As the largest U.S. companies get set to report earnings, investors are torn between two ways of thinking about the technology industry.
Microsoft is set to report after the bell on Tuesday, followed by Tesla on Wednesday and Apple the day after that. Amazon, Meta and Alphabet all report next week. The stocks are each down between 9% and 15% so far this year.
Amid the slump, the bull thesis hasn’t changed much.
The world’s digital transformation is in its early innings and has decades of growth ahead, whether it’s from the transition to electric vehicles, the surge in demand for connected devices or the emergence of the crypto-economy and the metaverse. Cloud computing and artificial intelligence will transform every industry in the coming years, and investments in cybersecurity are required at an unprecedented scale. Tech’s bellwethers are poised to capture huge amounts of consumer and business spending.
The bear camp, meanwhile, has soured on high-growth tech stocks, particularly those that soared during the pandemic. Investors are witnessing inflationary pressures as the economy opens, and they’re awaiting interest rate hikes from the Federal Reserve. Stay-at-home stocks are getting crushed, with Peloton, Zoom and Netflix all taking staggering hits in recent months.
“We view this as the most important earnings season for the tech space in potentially the last decade,” wrote Wedbush Securities analyst Dan Ives in a note to clients. “The Street now needs to hear good news at a ‘white knuckle time’ from tech bellwethers.”
In the first three weeks of the new year, investors have turned their back on tech stocks. The Nasdaq dropped 7.6% last week, its steepest one-week decline since 2020. It’s off 12% so far in 2022, the index’s worst start through the first 15 trading days since 2008.
The expectation of rising interest rates has sent investors fleeing from growth and toward less risky areas, said Lo Toney, managing partner for investment firm Plexo Capital.
“We have the multi-sector investors who are moving out of tech, because with a rising interest rate environment, they typically move over to other sectors that benefit from rising interest rates — financials, insurance,” Toney said on CNBC. “What we see is that high interest rate environments really punish the growth stocks, the tech stocks in particular.”
Microsoft CEO Satya Nadella listen to an audience member question during the company’s annual shareholder meeting in Bellevue, Wash., on November 30, 2016.
Stephen Brashear | Getty Images News | Getty Images
The tech companies most at risk are those that have been trading on revenue growth rather than profitability, Toney said.
Strong earnings performances from the biggest names in tech, such as Microsoft and Apple, will support the thesis that the premier names can continue to perform regardless of economic conditions.
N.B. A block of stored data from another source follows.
-- ===== src/Groups/DryRun.antt =====
-- A dry run of the groups of a child (scripts/abk_backport_engine.py).
use abk_5_15_backport.Prelude.{Bool, true, List, ◌≡◌, refl, ◌∙◌, arith, All}
use abk_5_15_backport.Text.{Text}
use abk_5_15_backport.Disk.{FilePath, Disk}
use abk_5_15_backport.Context.{Context, write, mark_dirty}
use abk_5_15_backport.Context.Laws.{Reads}
use abk_5_15_backport.Groups.{PatchGroup, run_groups}
use abk_5_15_backport.Groups.Aims.{Aims, Aims-run_groups}

-- A dry run, with the disk as given.
record IsDry (disk : Disk) (c : Context) : Type 0 where
  same : c.disk ≡ disk
  dry : c.dry_run ≡ true

module _ (disk : Disk) where
  Reads-IsDry : (c d : Context) → Reads c d → IsDry disk c → IsDry disk d
  Reads-IsDry c d r h = record { same = r.disk ∙ h.same; dry = r.dry_run ∙ h.dry }

  write-IsDry :
      (rel : FilePath) (text : Text) (c : Context)
      → Unit {0}
      → IsDry disk c
      → IsDry disk (write rel text c).1
  unfolding write mark_dirty
  write-IsDry rel text c t h = record {
    same = ground (arith, h.same, h.dry);
    dry = ground (arith, h.dry);
  }

-- In a dry run, a run over the groups of a child, whose functions are built of readings of the tree
-- and of writes, leaves the whole disk as it was, whether it is enabled or not, returns or raises.
pub run_groups_dry :
    (enabled : Bool) (groups : List PatchGroup) (c : Context)
    → c.dry_run ≡ true
    → All (λ (g : PatchGroup). Aims (λ _. Unit {0}) g.apply_fn) groups
    → (run_groups enabled groups c).1.disk ≡ c.disk
run_groups_dry enabled groups c dry hs =
    let whole = Aims-run_groups (λ _. Unit {0}) enabled groups hs in
    let kept = whole.law (IsDry c.disk) (Reads-IsDry c.disk) (write-IsDry c.disk) in
    (kept.keeps c (record { same = refl; dry = dry })).same
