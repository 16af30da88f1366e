-- ===== src/Groups/Refusals.antt =====
-- Where the guard of `run_child` (scripts/abk_backport_engine.py) stops a run of step groups.
use abk_5_15_backport.Prelude.{true, [], some, ◌≡◌, refl, ◌∙◌, ap, arith}
use abk_5_15_backport.Result.{system_exit, Result, ok, err, Exec, ◌>>=◌, continue}
use abk_5_15_backport.Context.{Context, pending_writes}
use abk_5_15_backport.Context.Laws.{Reads}
use abk_5_15_backport.Steps.{Status, partial, StepResults, apply_steps, count, is_applied}
use abk_5_15_backport.Steps.Degraded.{apply_steps_idle}
use abk_5_15_backport.Groups.{
  GroupResult, result_of, caught, run, read_all, changed_paths, judge, check, run_checked, is_edit,
  is_success,
}
use abk_5_15_backport.Groups.Guard.{or_blocked, apply_or_block, StepSpec, step_group}

module _ {S A B : Type 0} where
  bind_known :
      (m : Exec S A) (f : A → Exec S B) (s : S) (a : A) (d : S)
      → m s ≡ (ok a, d)
      → (m >>= f) s ≡ f a d
  bind_known m f s a d e = ap (λ (r : Result A × S). continue r.0 f r.1) e

run_known :
    (s : StepSpec) (c : Context) (st : Status) (noted : StepResults)
    → (apply_steps s.steps c).0 ≡ ok (some st, noted)
    → run (step_group s) c ≡ (ok (result_of (step_group s) st), (apply_steps s.steps c).1)
unfolding run caught step_group apply_or_block or_blocked
run_known s c st noted e = rw (e, run, apply_or_block)

is_edit-is_success : (st : Status) → is_edit st ≡ true → is_success st ≡ true
is_edit-is_success st e = ground arith

-- Where nothing is written, the guard refuses a report of an edit.
check_nothing :
    (g : GroupResult) (d : Context)
    → d.dirty ≡ []
    → is_edit g.status ≡ true
    → check [] g d ≡ (err system_exit, d)
unfolding check pending_writes
check_nothing g d fresh e =
    bind_known (changed_paths [] (pending_writes d)) (judge g) d [] d
      (unfold changed_paths in rw fresh refl)
    ∙ unfold judge in rw (is_edit-is_success g.status e, e) refl

-- In a context that no group has written to, a step group whose pass reports `partial` with no
-- step applied, as every step is there already or missed, raises `SystemExit` and writes
-- nothing: a second run over a tree where an optional anchor is missing stops there.
pub run_checked_rerun :
    (s : StepSpec) (c : Context) (noted : StepResults)
    → c.dirty ≡ []
    → (apply_steps s.steps c).0 ≡ ok (some partial, noted)
    → count is_applied noted ≡ 0
    → ((run_checked (step_group s) c).0 ≡ err system_exit)
      × Reads c (run_checked (step_group s) c).1
unfolding run_checked pending_writes
run_checked_rerun s c noted fresh e none_applied =
    let g = result_of (step_group s) partial in
    let d = (apply_steps s.steps c).1 in
    let reads = apply_steps_idle s.steps c (some partial) noted e none_applied in
    let whole : run_checked (step_group s) c ≡ (err system_exit, d) =
      bind_known (read_all (pending_writes c)) _ c [] c (unfold read_all in rw fresh refl)
      ∙ bind_known (run (step_group s)) (check []) c g d (run_known s c partial noted e)
      ∙ check_nothing g d (reads.dirty ∙ fresh) (unfold result_of in refl) in
    rw whole (refl, reads)
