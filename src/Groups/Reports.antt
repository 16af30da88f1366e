-- ===== src/Groups/Reports.antt =====
-- The report of `run_child` (scripts/abk_backport_engine.py).
use abk_5_15_backport.Prelude.{
  ℕ, ◌+◌, true, false, List, [], ◌∷◌, none, if◌then◌else◌, ◌≡◌, refl, ap, arith, map, Bool-cases,
  inl, inr,
}
use abk_5_15_backport.Text.{Text}
use abk_5_15_backport.Result.{Result, ok, continue, pure}
use abk_5_15_backport.Context.{Context}
use abk_5_15_backport.Steps.{Status, report_only}
use abk_5_15_backport.Groups.{
  PatchGroup, GroupResult, result_of, run_group, run_groups, status_eq, Summary, bump, summarise,
  shapes_if, report_of, run_child,
}

-- How often the summary says that the status was reported.
abbrev pub reported : Status → Summary → ℕ
reported st [] = 0
reported st ((s, n) ∷ m) = (if status_eq s st then n else 0) + reported st m

-- How often it was.
abbrev pub occurrences : Status → List GroupResult → ℕ
occurrences st [] = 0
occurrences st (r ∷ results) = (if status_eq r.status st then 1 else 0) + occurrences st results

status_eq_sound : (a b : Status) → status_eq a b ≡ true → a ≡ b
unfolding status_eq
status_eq_sound a b h = ground arith

reported-bump :
    (st s : Status) (m : Summary)
    → reported st (bump s m) ≡ (if status_eq s st then 1 else 0) + reported st m
unfolding bump
reported-bump st s [] = omega arith
reported-bump st s ((k, n) ∷ m) = elim (Bool-cases (status_eq k s)) [
  | inl e ↦ let same : k ≡ s = status_eq_sound k s e in rw (e, same) (ground arith)
  | inr e ↦ rw (e, reported-bump st s m) (omega arith)
]

reported-summarise :
    (st : Status) (results : List GroupResult) (m : Summary)
    → reported st (summarise results m) ≡ occurrences st results + reported st m
unfolding summarise
reported-summarise st [] m = omega arith
reported-summarise st (r ∷ results) m =
    omega (arith, reported-summarise st results (bump r.status m), reported-bump st r.status m)

-- The summary of the report counts every status as often as a group has reported it.
pub summarise-occurrences :
    (st : Status) (results : List GroupResult)
    → reported st (summarise results []) ≡ occurrences st results
summarise-occurrences st results = omega (arith, reported-summarise st results [])

run_groups_disabled :
    (groups : List PatchGroup) (c : Context)
    → run_groups false groups c ≡ (ok (map (λ g. result_of g report_only) groups), c)
unfolding run_groups run_group
run_groups_disabled [] c = refl
run_groups_disabled (g ∷ groups) c =
    ap
      (λ (r : Result (List GroupResult) × Context).
        continue r.0 (λ rest. pure (result_of g report_only ∷ rest)) r.1)
      (run_groups_disabled groups c)

-- A child that is not enabled, as for a family that is not supported, returns a report in which
-- every group is `report_only`, whatever the groups are, and leaves the context as it was.
pub run_child_disabled :
    (child : Text) (groups : List PatchGroup) (c : Context)
    → run_child child groups false c
      ≡ (ok (report_of child none (map (λ g. result_of g report_only) groups) c), c)
unfolding run_child shapes_if
run_child_disabled child groups c =
    ap
      (λ (r : Result (List GroupResult) × Context).
        continue r.0 (λ results d. (ok (report_of child none results d), d)) r.1)
      (run_groups_disabled groups c)
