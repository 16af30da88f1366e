-- ===== src/Groups/Watched.antt =====
-- The guard of `run_child` (scripts/abk_backport_engine.py), over a group with any function: what a
-- group that gets past it may have changed.
use abk_5_15_backport.Prelude.{
  true, false, List, [], ◌∷◌, none, some, ◌≡◌, refl, ◌∙◌, ap, sym, arith, All, All-imp, Option,
}
use mathlib.Core.Path.{subst}
use mathlib.Core.List.{Memᴰ}
use abk_5_15_backport.Text.{Text}
use abk_5_15_backport.Text.Find.{text_eq_iff}
use abk_5_15_backport.Result.{Result, ok}
use abk_5_15_backport.Disk.{FilePath}
use abk_5_15_backport.Context.{Context, pending_writes}
use abk_5_15_backport.Context.Laws.{tree, Reads, tree-Reads}
use abk_5_15_backport.Steps.{Status, applied, partial, already_present}
use abk_5_15_backport.Groups.{
  PatchGroup, GroupResult, run, read_all, lookup, differs, changed_paths, judge, check, run_checked,
  is_nil,
}
use abk_5_15_backport.Groups.Compared.{Holds, read_all-Holds, Compared, changed_paths-Compared}
use abk_5_15_backport.Groups.Guard.{bind_ok, changed_paths-OnlyReads, judge_ok}

-- The path was written before, and shows the same text since.
abbrev pub IsKept : Context → Context → FilePath → Type 0
IsKept c d p = Memᴰ p (pending_writes c) × (tree d p ≡ tree c p)

-- No path is written for the first time, and none that was written shows another text.
abbrev pub Kept : Context → Context → Type 0
Kept c d = All (IsKept c d) (pending_writes d)

-- Some path is written for the first time, or shows another text.
abbrev pub Moved : Context → Context → Type 0
Moved c d = (p : FilePath) × Memᴰ p (pending_writes d) × (¬ (IsKept c d p))

-- What the guard lets a group report.
abbrev pub Told : Status → Context → Context → Type 0
Told applied c d = Moved c d
Told partial c d = Moved c d
Told already_present c d = Unit
Told _ c d = Kept c d

-- The guard passes on what it is given, an edit only where it has seen a change, and a degraded
-- report only where it has seen none.
abbrev Passes : Status → List FilePath → Type 0
Passes applied changed = is_nil changed ≡ false
Passes partial changed = is_nil changed ≡ false
Passes already_present changed = Unit
Passes _ changed = is_nil changed ≡ true

judge-Passes :
    (g : GroupResult) (changed : List FilePath) (c : Context) (r : GroupResult)
    → (judge g changed c).0 ≡ ok r
    → Passes g.status changed
unfolding judge
judge-Passes g changed c r e = go g.status refl
  where
    go : (st : Status) → g.status ≡ st → Passes st changed
    go already_present x = tt
    go st x = ground arith

module _ (c d : Context) (before : List (FilePath × Text))
    (h : Holds (tree c) (pending_writes c) before) where
  Kept-of : Compared before (tree d) (pending_writes d) [] → Kept c d
  Kept-of =
      All-imp _ _ (λ p (u, x, e). let (m, f) = h.found p u x in (m, e ∙ sym f)) (pending_writes d)

  -- A path that differs from its text in the dict, or has none there, is not kept.
  not-IsKept :
      (p : FilePath) (u : Text) (o : Option Text)
      → lookup p before ≡ o
      → tree d p ≡ some u
      → differs u o ≡ true
      → ¬ (IsKept c d p)
  not-IsKept p u none x e y (m, same) = h.lost p x m
  not-IsKept p u (some v) x e y (m, same) =
      let (_, f) = h.found p v x in ground (arith, text_eq_iff u v)

  Moved-of :
      (changed : List FilePath)
      → is_nil changed ≡ false
      → Compared before (tree d) (pending_writes d) changed
      → Moved c d
  Moved-of [] n k = absurd (ground arith)
  Moved-of (q ∷ qs) n (p, u, m, e, y) = (p, m, not-IsKept p u (lookup p before) refl e y)

  Told-of :
      (st : Status) (changed : List FilePath)
      → Passes st changed
      → Compared before (tree d) (pending_writes d) changed
      → Told st c d
  Told-of applied changed n k = Moved-of changed n k
  Told-of partial changed n k = Moved-of changed n k
  Told-of already_present changed n k = tt
  Told-of st [] n k = Kept-of k
  Told-of st (q ∷ qs) n k = absurd (ground arith)

Told-after : (st : Status) (c d d' : Context) → Reads d d' → Told st c d → Told st c d'
unfolding pending_writes
Told-after st c d d' r told = go st told
  where
    kept : Kept c d → Kept c d'
    kept k =
        subst (All (IsKept c d')) (sym r.dirty)
          (All-imp (IsKept c d) (IsKept c d') (λ p (m, e). (m, rw (tree-Reads r) e)) d.dirty k)

    moved : Moved c d → Moved c d'
    moved (p, m, n) = (p, subst (Memᴰ p) (sym r.dirty) m, λ (k, e). n (k, rw (tree-Reads r) at e))

    go : (st : Status) → Told st c d → Told st c d'
    go applied t = moved t
    go partial t = moved t
    go already_present t = tt
    go st t = kept t

check-Told :
    (before : List (FilePath × Text)) (g r : GroupResult) (c d : Context)
    → Holds (tree c) (pending_writes c) before
    → (check before g d).0 ≡ ok r
    → Told r.status c (check before g d).1
unfolding check
check-Told before g r c d h e =
    let paths = pending_writes d in
    let (changed, e1, step) = bind_ok (changed_paths before paths) (judge g) d r e in
    let d' = (changed_paths before paths d).1 in
    let e' = ap (λ (x : Result GroupResult × Context). x.0) (sym step) ∙ e in
    let (same, still) = judge_ok g changed d' r e' in
    let reads = (changed_paths-OnlyReads before paths).reads d in
    let told =
      Told-of c d before h g.status changed (judge-Passes g changed d' r e')
        (changed_paths-Compared before paths d changed e1) in
    rw (step, still, ← same) (Told-after g.status c d d' reads told)

-- Whatever the function of the group does, if a checked run of it returns, then with a degraded
-- status every path that counts as written was so before the group, and shows the same text as then;
-- and with `applied` or `partial` some path is written for the first time, or shows another text.
pub run_checked-Told :
    (g : PatchGroup) (c : Context) (r : GroupResult)
    → (run_checked g c).0 ≡ ok r
    → Told r.status c (run_checked g c).1
unfolding run_checked
run_checked-Told g c r e =
    let paths = pending_writes c in
    let (before, e1, step) = bind_ok (read_all paths) _ c r e in
    let c' = (read_all paths c).1 in
    let e' = ap (λ (x : Result GroupResult × Context). x.0) (sym step) ∙ e in
    let (result, f, step') = bind_ok (run g) (check before) c' r e' in
    let e'' = ap (λ (x : Result GroupResult × Context). x.0) (sym step') ∙ e' in
    rw (step, step')
      (check-Told before result r c (run g c').1 (read_all-Holds paths c before e1) e'')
Not only are their products more resistant to inflationary, and potentially recessionary, pressures, but the stock multiples are also at reasonable levels on a historical basis.
Unprofitable companies that have traded on hype and the promise of future profits are in a very different position, Toney said.
“When we think about how investors value growth stocks, they’re looking out into the future and discounting back,” said Toney. “So when a rising interest rate environment happens, there’s a higher cost of capital, therefore compressing some of those margins that they’re valued on.”
The selloff in the sector has been broad, setting up a potential buying opportunity for investors who can use the drop to scoop up quality companies — but only if their earnings give them reason for hope, wrote Wedbush’s Ives.
“The underlying growth drivers of the tech space today are unmatched to anything we have seen since the mid-1990s and not being priced into stocks at these oversold levels,” wrote Ives.